EXERCISE PROMPT: After finding the line containing "(r'', found'', same ∙" below, please output that line and each following one through the line containing "not_published (leases_batch fault", exactly as written.

Stored records:
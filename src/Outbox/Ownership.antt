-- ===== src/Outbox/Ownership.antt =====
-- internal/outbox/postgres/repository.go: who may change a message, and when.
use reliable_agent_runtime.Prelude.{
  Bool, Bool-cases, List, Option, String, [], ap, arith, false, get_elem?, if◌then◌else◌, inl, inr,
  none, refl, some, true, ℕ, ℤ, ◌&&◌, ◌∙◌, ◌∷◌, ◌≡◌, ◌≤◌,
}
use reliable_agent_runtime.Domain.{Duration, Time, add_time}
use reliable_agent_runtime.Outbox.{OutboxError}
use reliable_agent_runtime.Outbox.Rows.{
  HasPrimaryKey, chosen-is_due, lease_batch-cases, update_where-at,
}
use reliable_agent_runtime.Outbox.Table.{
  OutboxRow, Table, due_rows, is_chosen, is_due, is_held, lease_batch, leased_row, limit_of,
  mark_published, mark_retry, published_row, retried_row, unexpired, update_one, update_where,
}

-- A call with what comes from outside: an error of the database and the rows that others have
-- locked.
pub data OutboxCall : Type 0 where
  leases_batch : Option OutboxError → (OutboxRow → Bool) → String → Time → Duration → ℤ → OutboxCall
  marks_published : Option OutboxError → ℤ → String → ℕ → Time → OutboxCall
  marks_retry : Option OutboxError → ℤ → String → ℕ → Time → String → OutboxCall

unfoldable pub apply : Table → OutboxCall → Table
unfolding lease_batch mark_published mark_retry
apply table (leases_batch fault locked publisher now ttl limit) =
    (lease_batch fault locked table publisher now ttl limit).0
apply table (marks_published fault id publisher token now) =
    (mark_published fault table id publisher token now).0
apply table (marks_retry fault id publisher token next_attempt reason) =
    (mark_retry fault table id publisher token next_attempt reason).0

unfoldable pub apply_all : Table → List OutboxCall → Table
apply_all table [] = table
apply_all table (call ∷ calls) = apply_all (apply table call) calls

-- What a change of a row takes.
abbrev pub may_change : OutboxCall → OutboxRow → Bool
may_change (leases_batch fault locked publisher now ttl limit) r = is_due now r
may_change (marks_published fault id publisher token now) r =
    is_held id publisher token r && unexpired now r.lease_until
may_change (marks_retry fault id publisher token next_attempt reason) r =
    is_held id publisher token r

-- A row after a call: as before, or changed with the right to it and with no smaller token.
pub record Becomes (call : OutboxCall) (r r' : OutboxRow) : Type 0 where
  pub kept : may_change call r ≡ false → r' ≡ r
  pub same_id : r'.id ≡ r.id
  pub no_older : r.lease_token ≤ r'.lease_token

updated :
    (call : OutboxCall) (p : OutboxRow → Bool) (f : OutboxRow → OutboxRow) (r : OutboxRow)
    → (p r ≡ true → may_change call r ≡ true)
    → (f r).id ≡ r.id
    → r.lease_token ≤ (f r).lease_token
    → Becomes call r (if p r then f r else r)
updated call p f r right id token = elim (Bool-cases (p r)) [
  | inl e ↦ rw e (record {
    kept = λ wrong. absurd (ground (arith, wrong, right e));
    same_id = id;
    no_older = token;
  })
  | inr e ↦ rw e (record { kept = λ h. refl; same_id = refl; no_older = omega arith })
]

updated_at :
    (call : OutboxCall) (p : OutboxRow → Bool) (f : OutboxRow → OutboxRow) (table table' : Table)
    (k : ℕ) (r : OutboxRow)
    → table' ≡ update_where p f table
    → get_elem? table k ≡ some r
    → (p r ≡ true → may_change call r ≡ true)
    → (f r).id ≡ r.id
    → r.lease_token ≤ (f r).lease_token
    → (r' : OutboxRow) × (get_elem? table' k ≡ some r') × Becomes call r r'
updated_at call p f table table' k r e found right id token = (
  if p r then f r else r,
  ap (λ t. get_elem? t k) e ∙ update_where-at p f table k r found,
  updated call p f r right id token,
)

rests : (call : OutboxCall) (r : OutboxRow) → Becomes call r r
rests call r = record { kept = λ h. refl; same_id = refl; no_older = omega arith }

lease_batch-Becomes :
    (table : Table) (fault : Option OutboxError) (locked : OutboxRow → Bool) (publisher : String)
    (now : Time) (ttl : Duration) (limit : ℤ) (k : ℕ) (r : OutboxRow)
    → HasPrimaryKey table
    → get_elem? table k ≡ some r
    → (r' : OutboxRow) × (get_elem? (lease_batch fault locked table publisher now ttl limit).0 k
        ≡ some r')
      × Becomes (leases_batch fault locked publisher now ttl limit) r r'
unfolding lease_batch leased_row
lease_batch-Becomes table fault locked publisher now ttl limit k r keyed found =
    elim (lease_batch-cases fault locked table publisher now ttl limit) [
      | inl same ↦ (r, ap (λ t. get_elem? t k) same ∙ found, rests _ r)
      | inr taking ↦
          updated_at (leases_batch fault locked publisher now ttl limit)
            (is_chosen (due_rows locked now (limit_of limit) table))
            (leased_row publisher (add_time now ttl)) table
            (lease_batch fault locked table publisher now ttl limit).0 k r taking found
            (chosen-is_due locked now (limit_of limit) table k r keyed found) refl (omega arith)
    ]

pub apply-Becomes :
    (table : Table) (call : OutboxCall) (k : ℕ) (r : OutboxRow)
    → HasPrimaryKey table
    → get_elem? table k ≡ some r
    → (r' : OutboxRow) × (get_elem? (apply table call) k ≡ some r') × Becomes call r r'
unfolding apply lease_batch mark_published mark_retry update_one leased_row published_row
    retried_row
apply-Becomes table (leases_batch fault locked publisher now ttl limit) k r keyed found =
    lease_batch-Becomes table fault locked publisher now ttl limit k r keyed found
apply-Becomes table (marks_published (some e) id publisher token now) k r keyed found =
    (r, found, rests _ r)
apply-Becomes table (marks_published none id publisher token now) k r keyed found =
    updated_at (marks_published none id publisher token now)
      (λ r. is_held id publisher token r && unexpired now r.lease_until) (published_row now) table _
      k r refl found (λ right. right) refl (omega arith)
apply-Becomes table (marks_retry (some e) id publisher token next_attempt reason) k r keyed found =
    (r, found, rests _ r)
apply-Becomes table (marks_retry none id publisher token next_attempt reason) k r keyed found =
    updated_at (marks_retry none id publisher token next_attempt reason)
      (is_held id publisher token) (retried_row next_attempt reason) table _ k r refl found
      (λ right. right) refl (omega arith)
---
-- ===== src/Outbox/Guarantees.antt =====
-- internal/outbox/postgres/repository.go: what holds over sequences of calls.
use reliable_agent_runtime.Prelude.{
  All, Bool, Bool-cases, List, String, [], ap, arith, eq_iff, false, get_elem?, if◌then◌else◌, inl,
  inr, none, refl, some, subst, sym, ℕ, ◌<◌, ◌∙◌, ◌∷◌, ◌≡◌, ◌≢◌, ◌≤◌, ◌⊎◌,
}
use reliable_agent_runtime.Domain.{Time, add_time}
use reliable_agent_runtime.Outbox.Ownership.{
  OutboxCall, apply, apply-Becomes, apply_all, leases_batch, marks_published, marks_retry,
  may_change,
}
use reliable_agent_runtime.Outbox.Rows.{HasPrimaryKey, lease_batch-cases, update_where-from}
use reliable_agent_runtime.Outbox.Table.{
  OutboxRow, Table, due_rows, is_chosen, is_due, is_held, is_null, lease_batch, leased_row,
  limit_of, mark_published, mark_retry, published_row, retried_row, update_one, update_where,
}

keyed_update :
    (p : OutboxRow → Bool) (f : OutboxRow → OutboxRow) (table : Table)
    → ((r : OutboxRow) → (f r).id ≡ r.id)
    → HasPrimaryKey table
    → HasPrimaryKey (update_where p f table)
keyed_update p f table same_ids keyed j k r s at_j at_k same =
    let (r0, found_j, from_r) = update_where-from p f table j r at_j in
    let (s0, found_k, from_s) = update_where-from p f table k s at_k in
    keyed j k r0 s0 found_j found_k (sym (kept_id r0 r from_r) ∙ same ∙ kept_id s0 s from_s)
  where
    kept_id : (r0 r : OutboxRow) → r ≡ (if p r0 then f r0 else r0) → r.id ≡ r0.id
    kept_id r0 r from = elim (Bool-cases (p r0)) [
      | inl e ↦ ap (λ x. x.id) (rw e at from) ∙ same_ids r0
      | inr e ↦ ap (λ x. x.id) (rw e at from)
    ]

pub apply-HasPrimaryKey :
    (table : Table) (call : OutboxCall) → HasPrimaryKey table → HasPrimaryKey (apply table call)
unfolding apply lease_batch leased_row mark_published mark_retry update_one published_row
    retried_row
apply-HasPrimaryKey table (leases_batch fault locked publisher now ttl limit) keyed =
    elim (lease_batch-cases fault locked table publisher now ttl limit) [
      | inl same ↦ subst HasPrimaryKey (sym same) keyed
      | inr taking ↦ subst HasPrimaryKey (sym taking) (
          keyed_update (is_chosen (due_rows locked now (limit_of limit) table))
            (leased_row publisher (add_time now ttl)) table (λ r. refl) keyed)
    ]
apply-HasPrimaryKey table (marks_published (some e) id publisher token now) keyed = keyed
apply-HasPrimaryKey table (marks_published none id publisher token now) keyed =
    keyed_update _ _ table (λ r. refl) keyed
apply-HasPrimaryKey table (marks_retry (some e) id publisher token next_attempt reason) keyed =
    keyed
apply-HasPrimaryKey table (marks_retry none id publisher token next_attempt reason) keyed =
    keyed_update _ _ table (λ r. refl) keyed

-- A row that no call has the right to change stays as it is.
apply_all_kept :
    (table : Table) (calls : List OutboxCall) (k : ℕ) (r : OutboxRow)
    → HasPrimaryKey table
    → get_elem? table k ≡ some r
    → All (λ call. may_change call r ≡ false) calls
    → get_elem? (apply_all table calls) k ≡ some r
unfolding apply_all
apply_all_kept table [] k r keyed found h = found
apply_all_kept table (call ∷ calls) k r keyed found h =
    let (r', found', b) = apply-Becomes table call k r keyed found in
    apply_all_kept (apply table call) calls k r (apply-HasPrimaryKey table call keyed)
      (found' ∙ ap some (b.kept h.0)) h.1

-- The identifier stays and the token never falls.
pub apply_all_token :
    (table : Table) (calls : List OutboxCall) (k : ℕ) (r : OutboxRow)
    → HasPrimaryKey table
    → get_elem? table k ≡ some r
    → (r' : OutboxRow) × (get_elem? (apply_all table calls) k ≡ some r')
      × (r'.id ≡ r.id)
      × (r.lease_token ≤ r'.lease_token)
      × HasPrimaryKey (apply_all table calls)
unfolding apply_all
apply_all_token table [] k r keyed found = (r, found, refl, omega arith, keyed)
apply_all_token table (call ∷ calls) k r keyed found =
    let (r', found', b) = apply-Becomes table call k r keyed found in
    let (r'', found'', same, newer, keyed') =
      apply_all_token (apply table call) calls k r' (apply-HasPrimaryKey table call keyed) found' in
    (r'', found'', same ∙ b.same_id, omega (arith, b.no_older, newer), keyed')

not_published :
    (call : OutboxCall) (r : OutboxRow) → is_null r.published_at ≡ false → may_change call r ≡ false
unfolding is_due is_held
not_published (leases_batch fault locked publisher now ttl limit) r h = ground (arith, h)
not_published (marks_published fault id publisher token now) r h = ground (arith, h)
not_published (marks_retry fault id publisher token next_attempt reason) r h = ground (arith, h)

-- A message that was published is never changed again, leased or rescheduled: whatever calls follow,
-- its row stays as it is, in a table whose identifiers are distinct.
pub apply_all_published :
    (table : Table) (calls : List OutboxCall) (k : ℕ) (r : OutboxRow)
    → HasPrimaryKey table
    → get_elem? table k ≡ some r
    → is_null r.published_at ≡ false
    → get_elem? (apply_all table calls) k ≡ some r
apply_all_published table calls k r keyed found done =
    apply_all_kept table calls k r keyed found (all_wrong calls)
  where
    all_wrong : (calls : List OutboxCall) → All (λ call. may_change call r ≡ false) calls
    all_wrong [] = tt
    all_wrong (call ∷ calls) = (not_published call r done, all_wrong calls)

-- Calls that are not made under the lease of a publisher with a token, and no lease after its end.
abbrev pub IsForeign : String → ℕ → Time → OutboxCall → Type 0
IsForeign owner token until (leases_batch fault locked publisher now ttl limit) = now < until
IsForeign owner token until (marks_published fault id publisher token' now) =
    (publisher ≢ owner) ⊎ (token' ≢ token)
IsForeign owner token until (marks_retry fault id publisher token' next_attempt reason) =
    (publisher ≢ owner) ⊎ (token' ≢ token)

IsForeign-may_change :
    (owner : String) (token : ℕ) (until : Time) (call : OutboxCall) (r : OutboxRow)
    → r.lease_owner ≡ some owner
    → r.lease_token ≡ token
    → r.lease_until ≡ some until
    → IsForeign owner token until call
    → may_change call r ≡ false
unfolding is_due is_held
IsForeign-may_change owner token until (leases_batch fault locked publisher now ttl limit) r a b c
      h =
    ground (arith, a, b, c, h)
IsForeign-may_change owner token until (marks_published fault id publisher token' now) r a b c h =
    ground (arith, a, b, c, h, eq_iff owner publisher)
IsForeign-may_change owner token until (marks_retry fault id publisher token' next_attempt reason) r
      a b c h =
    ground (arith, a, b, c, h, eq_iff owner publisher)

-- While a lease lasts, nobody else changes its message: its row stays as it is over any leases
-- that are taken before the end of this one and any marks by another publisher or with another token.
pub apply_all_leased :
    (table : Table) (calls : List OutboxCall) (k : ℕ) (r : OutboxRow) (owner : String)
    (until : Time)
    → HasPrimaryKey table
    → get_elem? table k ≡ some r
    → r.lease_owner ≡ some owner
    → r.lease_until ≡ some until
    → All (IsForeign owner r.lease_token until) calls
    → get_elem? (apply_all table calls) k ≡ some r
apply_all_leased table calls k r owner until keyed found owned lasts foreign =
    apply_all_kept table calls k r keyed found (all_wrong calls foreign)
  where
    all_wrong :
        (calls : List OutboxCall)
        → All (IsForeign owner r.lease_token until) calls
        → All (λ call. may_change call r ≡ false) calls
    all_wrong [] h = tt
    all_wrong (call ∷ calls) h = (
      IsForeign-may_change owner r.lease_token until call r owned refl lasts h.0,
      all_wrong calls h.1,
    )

TASK RESULT:
    (r'', found'', same ∙ b.same_id, omega (arith, b.no_older, newer), keyed')

not_published :
    (call : OutboxCall) (r : OutboxRow) → is_null r.published_at ≡ false → may_change call r ≡ false
unfolding is_due is_held
not_published (leases_batch fault locked publisher now ttl limit) r h = ground (arith, h)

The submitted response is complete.